# Zoe on Snow



## claybuster (Dec 18, 2008)

Some shots I took this past Sunday:


----------



## rannmiller (Jun 27, 2008)

She's so pretty! She says, "My toes are cold!"


----------



## Guest (Feb 6, 2009)

Just wondering, what's the reason for two collars?

My Greyhound (my first rescue as an adult) was also named Zoe, by the way.

Your dog is gorgeous. Beautiful coat and good weight. The Abady feed must be working.


----------



## Lovemymunchkins (Feb 3, 2009)

Beautiful pictures!


----------



## claybuster (Dec 18, 2008)

LabbieMama said:


> Just wondering, what's the reason for two collars?


Zoe is wearing a Tri-Tronics Sport 65 BPR collar. We're never off lead without it! BPR stands for beeper and that is optional when hunting your dog.

Charlie

Welcome to Tri-Tronics - American Made Electronic Dog Training Equipment


----------



## Guest (Feb 7, 2009)

Thank you, Claybuster, for explaining that to me.


----------



## ChattyCathy (Nov 22, 2008)

She is absolutely gorgeous!!!! Forgive my ignorance... I know you've said it in the past but I can't recall... what breed is she? 

I love her coloring and everything.

:biggrin:


----------



## claybuster (Dec 18, 2008)

Thank you Cathy! In the last pic she would normally have a lot more hair coming off the tail and you can tell she was clipped. When she’s hunting burrs can be a big problem and they stick in the hair in one big clump. She'll get them all over but the tail for some reason is difficult to get them out.

Zoe is a Llewellin Setter (English Field Type). For some very good info about the breed, here is one of the best sites:

The Llewellin Setter Page

If you take a peek at the brief history, you will see two dogs, Count Nobel and Count Gladstone IV...same bloodlines running through my dog (dams side). There is also another really strong line in my Zoe from the sires side. There was a tv show called "Hunting With Hank" on the OLN network. Hank was an uncle for Hanks father, Irish King Bondhu Ashly is my Zoe's grandsire!

If I would have known all this prior on how strong my girl really is, I would have never had her fixed and could be cleaning up on pups (1000-1200 a pup easy).

I got her on a phone call when normally there is a waiting list.

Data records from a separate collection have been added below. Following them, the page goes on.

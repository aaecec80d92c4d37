-- ===== src/Room/Tests.antt =====
-- Runs of rooms. A command has no payload here.
use puzzle_bubble.Prelude.{
  ℕ, arith, ◌≡◌, refl, arith, pos, true, none, Option, some, List, [], ◌∷◌, lookup, ◌-◌, length,
  drop, String,
}
use puzzle_bubble.Room.{
  Manager, Room, playing, Player, CommandEvent, ok, new_manager, create_room, join_room, set_ready,
  leave_room, submit_input, pull_inputs, newer, submitted, current_frame,
}
use puzzle_bubble.Room.Invariant.{IsValid}
use puzzle_bubble.Room.History.{Call, creates, joins, readies, submits, replay, replay-new-IsValid}
use puzzle_bubble.Room.Service.{Body, Request, Clock, route, handle_gateway_message}
use puzzle_bubble.Room.Service.Atomic.{handle_gateway_message-atomic}
use puzzle_bubble.Room.Service.Valid.{handle_gateway_message-IsValid}
use puzzle_bubble.Room.Inputs.{newer_lem, pull_inputs-submit_input}

abbrev empty : Manager Unit
empty = new_manager (pos 0)

-- Two players meet and start, and one of them leaves.
abbrev game : List (Call Unit)
game =
    creates "ann" "bubbles" (pos 2) "room-1"
    ∷ joins "bob" "room-1" (pos 10)
    ∷ readies "bob" true (pos 20)
    ∷ readies "ann" true (pos 30)
    ∷ submits "bob" "shoot" tt (pos 100_000_030) (pos 0)
    ∷ []

abbrev two : List (String × Player)
two =
    ("ann", record { player_id = "ann"; ready = true })
    ∷ ("bob", record { player_id = "bob"; ready = true })
    ∷ []

abbrev shoot : CommandEvent Unit
shoot = record { seq = 1; frame = 2; player_id = "bob"; cmd = "shoot"; payload = tt; ts = pos 0 }

abbrev room_1 : Room Unit
room_1 = record {
  id = "room-1";
  name = "bubbles";
  owner_id = "ann";
  state = playing;
  max_players = pos 2;
  players = two;
  cmd_seq = 1;
  commands = shoot ∷ [];
  playing_since = some (pos 30);
}

game_ends : replay empty game ≡ record {
  rooms = ("room-1", room_1) ∷ [];
  player_room = ("ann", "room-1") ∷ ("bob", "room-1") ∷ [];
  frame_tick = 50_000_000;
}
unfolding replay new_manager create_room join_room set_ready submit_input
game_ends = refl

replay-new-IsValid_example : IsValid (replay empty game)
unfolding new_manager lookup
replay-new-IsValid_example = replay-new-IsValid Unit (pos 0) game (refl, (tt, (tt, (tt, (tt, tt)))))

newer_lem_example : newer 0 (shoot ∷ []) ≡ drop (length (shoot ∷ []) - (1 - 0)) (shoot ∷ [])
newer_lem_example = newer_lem 0 1 (shoot ∷ []) (refl, tt)

abbrev playing_now : Manager Unit
playing_now = record {
  rooms = ("room-1", room_1) ∷ [];
  player_room = ("ann", "room-1") ∷ ("bob", "room-1") ∷ [];
  frame_tick = 50_000_000;
}

pull_inputs-submit_input_example :
    let ev : CommandEvent Unit = record {
      seq = 2;
      frame = current_frame playing_now room_1 (pos 300_000_000);
      player_id = "ann";
      cmd = "aim";
      payload = tt;
      ts = pos 5;
    } in
    let m' = (submit_input playing_now "ann" "aim" tt (pos 300_000_000) (pos 5)).0 in
    pull_inputs m' "bob" 1 (pos 400_000_000)
    ≡ ok (ev ∷ [], current_frame m' (submitted room_1 ev) (pos 400_000_000), submitted room_1 ev)
unfolding lookup
pull_inputs-submit_input_example =
    pull_inputs-submit_input Unit playing_now "ann" "bob" "aim" tt (pos 300_000_000) (pos 5)
      (pos 400_000_000) "room-1" room_1 refl refl refl refl refl (refl, tt) (omega arith)

abbrev blank : Body Unit
blank = record {
  name = "";
  capacity = pos 4;
  room_id = "";
  ready = none;
  cmd = "";
  payload = tt;
  last_seq = 0;
}

abbrev noon : Clock
noon = record { key = "room-2"; default_name = "Room-7"; now = pos 7; ms = pos 0; first = 0 }

-- Nobody can leave a room who is in none.
abbrev leave_nowhere : Option (Request Unit)
leave_nowhere = some (record { player_id = "eve"; msg_id = 1004; body = blank })

abbrev create_second : Option (Request Unit)
create_second = some (record { player_id = "eve"; msg_id = 1001; body = blank })

not_ok : ¬ (◌≡◌ {A = Option ℕ} (some 300) (some 0))
not_ok e = ground arith

handle_gateway_message-atomic_example :
    (handle_gateway_message playing_now leave_nowhere noon).0 ≡ playing_now
unfolding handle_gateway_message route leave_room lookup
handle_gateway_message-atomic_example =
    handle_gateway_message-atomic Unit playing_now leave_nowhere noon not_ok

handle_gateway_message-IsValid_example :
    IsValid (handle_gateway_message (replay empty game) create_second noon).0
unfolding replay new_manager create_room join_room set_ready submit_input lookup
handle_gateway_message-IsValid_example =
    handle_gateway_message-IsValid Unit (replay empty game) create_second noon
      (replay-new-IsValid Unit (pos 0) game (refl, (tt, (tt, (tt, (tt, tt)))))) refl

Just so happened, last one, mostly black when most are looking for the lighter colors like Orange Belton or mostly white and a little black or orange, chestnut, etc.

Then of course there is Sam's good old bird dog, Old Roy, as depicted on the bag of his feed.

Charlie


----------



## ChattyCathy (Nov 22, 2008)

claybuster said:


> Thank you Cathy! In the last pic she would normally have a lot more hair coming off the tail and you can tell she was clipped. When she’s hunting burrs can be a big problem and they stick in the hair in one big clump. She'll get them all over but the tail for some reason is difficult to get them out.



I know I have had that problem w/my dog and believe me her hair isn't nearly as long as Zoe's.



claybuster said:


> Zoe is a Llewellin Setter (English Field Type). For some very good info about the breed, here is one of the best sites:
> 
> The Llewellin Setter Page
> 
> If you take a peek at the brief history, you will see two dogs, Count Nobel and Count Gladstone IV...same bloodlines running through my dog (dams side). There is also another really strong line in my Zoe from the sires side. There was a tv show called "Hunting With Hank" on the OLN network. Hank was an uncle for Hanks father, Irish King Bondhu Ashly is my Zoe's grandsire!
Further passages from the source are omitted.